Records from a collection
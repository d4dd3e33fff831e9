-- ===== src/Point/Accounts.antt =====
-- `createUserPoint`, `validateUser` and `findUserByWalletAddress`.
use web3_point_exchange.Common.{ℕ, pos, Bool, true, false, Option, none, some, if◌then◌else◌}
use web3_point_exchange.Entities.{User, UserStatus, is_valid, is_invalid}
use web3_point_exchange.Platform.{Platform}
use web3_point_exchange.Repositories.Users
use web3_point_exchange.Repositories.UserPoints
use web3_point_exchange.Repositories.Query.{or_default}
use web3_point_exchange.Point.Dto.{
  CreateUserPointReq, ValidateUserReq, UserPointRes, map_user_point,
}
use web3_point_exchange.World.{
  Action, manager, ok, ◌>>=◌, ◌>>◌, pure, or_throw, transaction, user_not_found, chain_rejected,
}

-- The two branches of `validateUser`: `UserStatus.VALID` and `UserStatus.INVALID`.
abbrev pub has_status : Bool → UserStatus → Bool
has_status true s = is_valid s
has_status false s = is_invalid s

abbrev pub status_of : Bool → UserStatus
status_of true = UserStatus.valid
status_of false = UserStatus.invalid

module _ ⦃p : Platform⦄ where
  -- The user's row, when the wallet address is new; says whether it was (`shouldSetValidUser`).
  unfoldable pub register_wallet : ℕ → Option ℕ → Action Bool
  register_wallet u none = pure false
  register_wallet u (some a) = do
    existing ← Users.find_by_wallet_address a
    elim existing [ none ↦ (do Users.create u a manager; pure true) | some _ ↦ pure false ]

  unfoldable pub create_callback : CreateUserPointReq → Action (Bool × UserPointRes)
  create_callback dto = do
    should_set ← register_wallet dto.user_id dto.wallet_address
    row ← UserPoints.create dto.user_id (or_default (pos 0) dto.amount) manager
    pure (should_set, map_user_point row)

  -- `BlockchainService.setValidUser`, once the transaction is committed.
  unfoldable pub set_valid_on_chain : Bool → Option ℕ → Action (Unit {0})
  set_valid_on_chain true (some a) =
      or_throw chain_rejected (p.chain_set_valid_user a true) >>= λ _. pure tt
  set_valid_on_chain true none = pure tt
  set_valid_on_chain false a = pure tt

  unfoldable pub create_user_point : CreateUserPointReq → Action UserPointRes
  create_user_point dto = do
    made ← transaction (create_callback dto)
    set_valid_on_chain made.0 dto.wallet_address
    pure made.1

  unfoldable pub set_user_status : Bool → User → Action Bool
  set_user_status v user w =
      if has_status v user.status
      then (ok true, w)
      else (Users.update user.user_id (λ r. record r { status = status_of v; updated_at = w.now })
            >>= λ _. pure true)
          w

  unfoldable pub validate_user : ValidateUserReq → Action Bool
  unfolding set_user_status
  validate_user dto = do
    found ← Users.find_by_wallet_address dto.wallet_address
    user ← or_throw user_not_found found
    set_user_status dto.is_valid user

  unfoldable pub find_user_by_wallet_address : ℕ → Action (Option User)
  find_user_by_wallet_address a = Users.find_by_wallet_address a
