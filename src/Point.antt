-- ===== src/Point.antt =====
-- `PointService` (backend/src/modules/point/point.service.ts), method by method.
mod Dto
mod Balance
mod Exchange
mod Histories
mod Accounts
pub mod Steps
pub mod Reads
pub mod Deposit
pub mod Withdraw
pub mod Consume
pub mod Grant
pub mod Progress
pub mod Solvency
pub mod Hazards
pub mod AccountLaws
pub mod Conservation
pub mod Increase
pub mod Creation
unfoldable pub use Dto.*
unfoldable pub use Balance.*
unfoldable pub use Exchange.*
unfoldable pub use Histories.*
unfoldable pub use Accounts.*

# What needs to be done
Working from the records above, write out verbatim only the lines from the line containing "row ← UserPoints.create" through the line containing "set_valid_on_chain true (some".

# Output of the task
    row ← UserPoints.create dto.user_id (or_default (pos 0) dto.amount) manager
    pure (should_set, map_user_point row)

  -- `BlockchainService.setValidUser`, once the transaction is committed.
  unfoldable pub set_valid_on_chain : Bool → Option ℕ → Action (Unit {0})
  set_valid_on_chain true (some a) =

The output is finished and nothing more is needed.